**Given records:**

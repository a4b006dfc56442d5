-- ===== src/Tests/FileTests.antt =====
-- Instances of the theorems about whole files.
use advancescan.Base.{
  Bytes, [], false, if◌then◌else◌, length, none, ok, refl, some, true, ◌<◌, ◌↔◌, ◌∷◌, ◌≡◌, ◌≤◌,
}
use advancescan.File.Transfer.{file_copy, file_move, file_read, file_remove, file_write}
use advancescan.File.Transfer.Moves.{Moved, file_move-Moved, file_move-bounds}
use advancescan.Zip.Archive.{System, bytes_eq}
use advancescan.Zip.Stream.{fread, fwrite}

abbrev name_a : Bytes
name_a = b'a' ∷ []

abbrev name_b : Bytes
name_b = b'b' ∷ []

abbrev content_a : Bytes
content_a = 7 ∷ 8 ∷ 9 ∷ []

-- two file systems: nothing can be renamed from one to the other
abbrev two_disks : System
two_disks = record {
  files = λ p. if bytes_eq name_a p then some content_a else none;
  room = 1000;
  disk_room = λ p. 1000;
  can_stat = λ p. true;
  can_read = λ p. true;
  can_create = λ p. true;
  can_remove = λ p. true;
  can_rename = λ p q. false;
}

name_a-found : two_disks.files name_a ≡ some content_a
unfolding bytes_eq
name_a-found = refl

name_a-name_b : bytes_eq name_a name_b ≡ false
unfolding bytes_eq
name_a-name_b = refl

name_b-name_a : bytes_eq name_b name_a ≡ false
unfolding bytes_eq
name_b-name_a = refl

file_move-Moved_example :
    Moved true content_a name_a name_b two_disks (file_move true name_a name_b two_disks)
file_move-Moved_example =
    file_move-Moved true content_a name_a name_b two_disks name_a-found name_a-name_b name_b-name_a

move-done : (file_move true name_a name_b two_disks).0 ≡ ok tt
unfolding bytes_eq file_move file_copy file_read file_write file_remove fread fwrite
move-done = refl

file_move-bounds_example :
    ((file_move true name_a name_b two_disks).1.files name_b ≡ some content_a)
    ↔ ((length content_a < 4294967296) × (length content_a ≤ two_disks.disk_room name_b))
file_move-bounds_example =
    file_move-bounds content_a name_a name_b two_disks name_a-found name_a-name_b name_b-name_a refl
      move-done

**Task to carry out:**
For the listing above, work out how many lines contain the string "files" and return only that figure.

**Written solution:**
4